Segment Start: Supplied information
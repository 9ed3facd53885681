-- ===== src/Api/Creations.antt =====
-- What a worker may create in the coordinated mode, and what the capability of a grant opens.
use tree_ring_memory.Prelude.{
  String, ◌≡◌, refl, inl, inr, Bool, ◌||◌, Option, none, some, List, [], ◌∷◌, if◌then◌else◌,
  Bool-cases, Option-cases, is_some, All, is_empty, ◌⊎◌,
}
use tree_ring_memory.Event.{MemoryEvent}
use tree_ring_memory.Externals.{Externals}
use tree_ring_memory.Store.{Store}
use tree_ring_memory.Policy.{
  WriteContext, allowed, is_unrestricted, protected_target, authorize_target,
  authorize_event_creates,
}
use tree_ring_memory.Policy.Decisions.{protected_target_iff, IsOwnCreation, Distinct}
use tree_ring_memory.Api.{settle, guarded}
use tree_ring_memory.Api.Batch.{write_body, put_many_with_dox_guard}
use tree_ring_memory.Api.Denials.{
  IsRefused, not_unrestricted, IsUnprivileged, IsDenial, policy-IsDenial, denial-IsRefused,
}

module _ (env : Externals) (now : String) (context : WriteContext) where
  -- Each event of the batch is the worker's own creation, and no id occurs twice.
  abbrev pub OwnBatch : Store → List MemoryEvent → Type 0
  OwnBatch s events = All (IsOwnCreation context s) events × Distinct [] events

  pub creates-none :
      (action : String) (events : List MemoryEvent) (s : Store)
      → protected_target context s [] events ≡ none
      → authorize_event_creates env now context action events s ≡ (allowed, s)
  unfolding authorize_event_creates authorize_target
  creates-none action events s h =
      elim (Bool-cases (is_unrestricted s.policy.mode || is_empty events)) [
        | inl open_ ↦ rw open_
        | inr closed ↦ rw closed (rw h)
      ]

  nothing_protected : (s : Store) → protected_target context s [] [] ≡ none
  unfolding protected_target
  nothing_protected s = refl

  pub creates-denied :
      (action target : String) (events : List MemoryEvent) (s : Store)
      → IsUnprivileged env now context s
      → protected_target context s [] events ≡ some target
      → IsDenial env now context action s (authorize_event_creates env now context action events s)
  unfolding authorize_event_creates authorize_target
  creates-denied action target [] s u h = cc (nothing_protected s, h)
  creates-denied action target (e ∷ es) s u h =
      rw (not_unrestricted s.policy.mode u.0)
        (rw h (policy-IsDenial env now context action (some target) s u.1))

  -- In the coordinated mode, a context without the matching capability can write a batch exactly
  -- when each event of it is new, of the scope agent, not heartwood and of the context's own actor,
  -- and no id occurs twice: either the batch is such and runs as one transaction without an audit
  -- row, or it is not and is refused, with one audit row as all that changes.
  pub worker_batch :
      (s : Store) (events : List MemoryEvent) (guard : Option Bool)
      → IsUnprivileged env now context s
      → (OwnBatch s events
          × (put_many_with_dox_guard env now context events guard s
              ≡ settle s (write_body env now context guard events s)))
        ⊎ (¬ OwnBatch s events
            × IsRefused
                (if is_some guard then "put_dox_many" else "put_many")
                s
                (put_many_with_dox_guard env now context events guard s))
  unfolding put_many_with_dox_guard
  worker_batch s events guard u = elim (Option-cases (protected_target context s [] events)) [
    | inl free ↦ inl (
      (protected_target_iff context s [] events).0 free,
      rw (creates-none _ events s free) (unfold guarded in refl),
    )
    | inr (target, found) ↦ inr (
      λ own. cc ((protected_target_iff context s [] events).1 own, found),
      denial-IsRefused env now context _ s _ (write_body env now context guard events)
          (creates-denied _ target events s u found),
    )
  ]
Segment End: Supplied information
Segment Start: Supplied information
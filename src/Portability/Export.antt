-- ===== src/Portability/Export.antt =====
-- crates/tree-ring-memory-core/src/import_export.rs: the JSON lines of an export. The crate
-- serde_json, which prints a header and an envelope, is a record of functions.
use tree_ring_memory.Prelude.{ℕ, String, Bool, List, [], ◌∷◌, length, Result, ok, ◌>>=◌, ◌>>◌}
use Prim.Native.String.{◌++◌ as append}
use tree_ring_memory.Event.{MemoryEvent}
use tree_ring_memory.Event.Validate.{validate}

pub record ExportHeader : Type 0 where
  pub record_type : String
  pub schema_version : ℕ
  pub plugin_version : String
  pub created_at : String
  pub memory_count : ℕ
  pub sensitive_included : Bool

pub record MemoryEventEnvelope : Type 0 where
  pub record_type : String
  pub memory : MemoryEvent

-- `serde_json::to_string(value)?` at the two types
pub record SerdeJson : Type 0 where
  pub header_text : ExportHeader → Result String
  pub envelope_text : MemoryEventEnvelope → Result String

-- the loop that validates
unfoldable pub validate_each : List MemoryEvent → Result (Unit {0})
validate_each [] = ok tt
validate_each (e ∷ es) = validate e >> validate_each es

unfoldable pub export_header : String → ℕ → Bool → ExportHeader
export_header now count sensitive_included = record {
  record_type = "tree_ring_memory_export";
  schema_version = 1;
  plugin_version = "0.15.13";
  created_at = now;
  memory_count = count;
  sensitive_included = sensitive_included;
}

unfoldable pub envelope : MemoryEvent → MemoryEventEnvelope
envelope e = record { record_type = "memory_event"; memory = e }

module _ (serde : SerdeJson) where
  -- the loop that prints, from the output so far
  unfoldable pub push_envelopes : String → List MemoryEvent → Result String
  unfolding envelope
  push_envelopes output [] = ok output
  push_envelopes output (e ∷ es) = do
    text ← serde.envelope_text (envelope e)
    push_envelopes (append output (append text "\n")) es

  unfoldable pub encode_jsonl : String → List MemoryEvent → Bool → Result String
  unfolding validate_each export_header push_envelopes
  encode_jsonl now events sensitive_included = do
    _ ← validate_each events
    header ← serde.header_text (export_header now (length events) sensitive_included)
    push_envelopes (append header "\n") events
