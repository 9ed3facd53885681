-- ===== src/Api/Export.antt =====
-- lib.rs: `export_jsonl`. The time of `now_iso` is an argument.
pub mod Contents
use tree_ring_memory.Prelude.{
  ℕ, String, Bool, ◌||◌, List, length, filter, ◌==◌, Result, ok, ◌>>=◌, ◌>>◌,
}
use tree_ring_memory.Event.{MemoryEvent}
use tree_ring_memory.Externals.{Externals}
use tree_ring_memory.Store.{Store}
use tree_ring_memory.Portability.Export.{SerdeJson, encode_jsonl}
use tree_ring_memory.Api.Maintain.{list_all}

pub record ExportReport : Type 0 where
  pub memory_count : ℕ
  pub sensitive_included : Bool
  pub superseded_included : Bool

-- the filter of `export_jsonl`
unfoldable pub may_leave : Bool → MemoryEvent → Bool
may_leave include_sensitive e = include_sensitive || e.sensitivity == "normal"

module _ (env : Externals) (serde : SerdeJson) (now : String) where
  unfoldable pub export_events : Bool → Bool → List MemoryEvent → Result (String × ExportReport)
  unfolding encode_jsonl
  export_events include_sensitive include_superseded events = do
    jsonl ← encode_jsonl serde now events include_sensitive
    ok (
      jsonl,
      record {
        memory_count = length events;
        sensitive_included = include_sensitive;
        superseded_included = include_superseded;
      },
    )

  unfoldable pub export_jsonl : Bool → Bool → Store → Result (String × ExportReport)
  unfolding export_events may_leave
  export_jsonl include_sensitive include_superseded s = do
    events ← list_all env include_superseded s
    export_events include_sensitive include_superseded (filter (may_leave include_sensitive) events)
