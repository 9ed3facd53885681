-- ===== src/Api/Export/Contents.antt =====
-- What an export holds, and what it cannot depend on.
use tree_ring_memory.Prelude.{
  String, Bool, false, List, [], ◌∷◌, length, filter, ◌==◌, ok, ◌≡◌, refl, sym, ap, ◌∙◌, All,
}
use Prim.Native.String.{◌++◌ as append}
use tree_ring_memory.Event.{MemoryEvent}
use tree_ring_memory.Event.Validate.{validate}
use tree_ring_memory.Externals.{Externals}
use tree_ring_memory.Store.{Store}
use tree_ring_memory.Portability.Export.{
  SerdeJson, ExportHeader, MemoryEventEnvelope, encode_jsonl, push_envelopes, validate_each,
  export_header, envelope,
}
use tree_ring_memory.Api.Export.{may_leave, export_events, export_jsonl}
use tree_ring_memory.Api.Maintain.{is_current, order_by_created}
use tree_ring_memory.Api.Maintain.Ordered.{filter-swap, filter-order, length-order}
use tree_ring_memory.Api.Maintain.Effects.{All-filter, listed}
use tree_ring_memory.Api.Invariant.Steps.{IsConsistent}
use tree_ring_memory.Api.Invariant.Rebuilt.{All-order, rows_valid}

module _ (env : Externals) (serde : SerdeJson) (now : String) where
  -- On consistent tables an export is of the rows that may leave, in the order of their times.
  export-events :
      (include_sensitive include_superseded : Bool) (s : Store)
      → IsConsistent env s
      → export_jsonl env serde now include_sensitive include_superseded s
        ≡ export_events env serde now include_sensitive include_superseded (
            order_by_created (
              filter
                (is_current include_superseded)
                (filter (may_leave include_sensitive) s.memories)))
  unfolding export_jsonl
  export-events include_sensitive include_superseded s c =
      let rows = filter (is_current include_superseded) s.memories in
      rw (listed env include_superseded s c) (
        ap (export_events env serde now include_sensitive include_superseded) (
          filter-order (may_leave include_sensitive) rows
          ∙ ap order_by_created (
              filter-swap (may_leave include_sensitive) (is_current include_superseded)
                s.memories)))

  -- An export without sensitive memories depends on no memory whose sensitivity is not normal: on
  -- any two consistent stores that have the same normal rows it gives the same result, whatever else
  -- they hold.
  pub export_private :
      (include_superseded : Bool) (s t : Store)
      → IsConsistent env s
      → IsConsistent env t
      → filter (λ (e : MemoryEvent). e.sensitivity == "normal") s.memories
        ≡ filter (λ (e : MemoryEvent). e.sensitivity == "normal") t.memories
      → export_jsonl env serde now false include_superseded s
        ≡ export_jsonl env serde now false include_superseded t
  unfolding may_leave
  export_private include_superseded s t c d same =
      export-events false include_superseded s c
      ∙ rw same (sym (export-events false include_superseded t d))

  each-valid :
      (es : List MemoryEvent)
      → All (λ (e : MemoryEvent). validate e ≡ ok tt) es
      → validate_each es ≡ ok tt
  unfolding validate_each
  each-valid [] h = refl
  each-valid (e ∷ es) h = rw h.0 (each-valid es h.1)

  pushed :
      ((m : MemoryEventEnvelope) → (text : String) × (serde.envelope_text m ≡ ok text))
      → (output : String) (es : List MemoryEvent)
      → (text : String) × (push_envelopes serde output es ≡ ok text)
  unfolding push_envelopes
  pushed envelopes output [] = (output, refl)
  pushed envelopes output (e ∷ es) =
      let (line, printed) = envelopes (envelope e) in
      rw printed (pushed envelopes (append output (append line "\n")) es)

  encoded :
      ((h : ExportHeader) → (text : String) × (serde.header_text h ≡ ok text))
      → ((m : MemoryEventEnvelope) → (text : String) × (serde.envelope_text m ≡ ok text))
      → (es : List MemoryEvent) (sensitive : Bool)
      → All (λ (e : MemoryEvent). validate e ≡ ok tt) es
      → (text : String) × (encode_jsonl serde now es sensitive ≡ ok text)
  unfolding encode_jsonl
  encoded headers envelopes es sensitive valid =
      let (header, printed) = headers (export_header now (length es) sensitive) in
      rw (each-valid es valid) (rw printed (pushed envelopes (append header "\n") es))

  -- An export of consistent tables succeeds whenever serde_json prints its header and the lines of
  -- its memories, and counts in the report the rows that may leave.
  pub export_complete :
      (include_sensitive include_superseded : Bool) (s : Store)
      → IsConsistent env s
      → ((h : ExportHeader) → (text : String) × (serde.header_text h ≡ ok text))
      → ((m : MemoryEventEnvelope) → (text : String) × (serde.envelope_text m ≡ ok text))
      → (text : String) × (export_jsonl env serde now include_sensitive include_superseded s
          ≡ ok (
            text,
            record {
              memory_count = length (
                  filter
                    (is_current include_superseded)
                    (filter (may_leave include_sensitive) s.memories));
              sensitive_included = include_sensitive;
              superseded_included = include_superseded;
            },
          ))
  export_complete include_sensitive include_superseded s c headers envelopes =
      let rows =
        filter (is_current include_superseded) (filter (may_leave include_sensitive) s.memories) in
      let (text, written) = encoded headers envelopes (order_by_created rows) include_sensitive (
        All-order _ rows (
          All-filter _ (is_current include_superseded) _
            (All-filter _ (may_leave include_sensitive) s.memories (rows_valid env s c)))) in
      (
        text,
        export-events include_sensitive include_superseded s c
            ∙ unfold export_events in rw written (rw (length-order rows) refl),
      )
Segment End: Supplied information
* **Requirement**:
From the entries above, copy every line that holds the word "tables".

* **Reply**:
  -- On consistent tables an export is of the rows that may leave, in the order of their times.
  -- An export of consistent tables succeeds whenever serde_json prints its header and the lines of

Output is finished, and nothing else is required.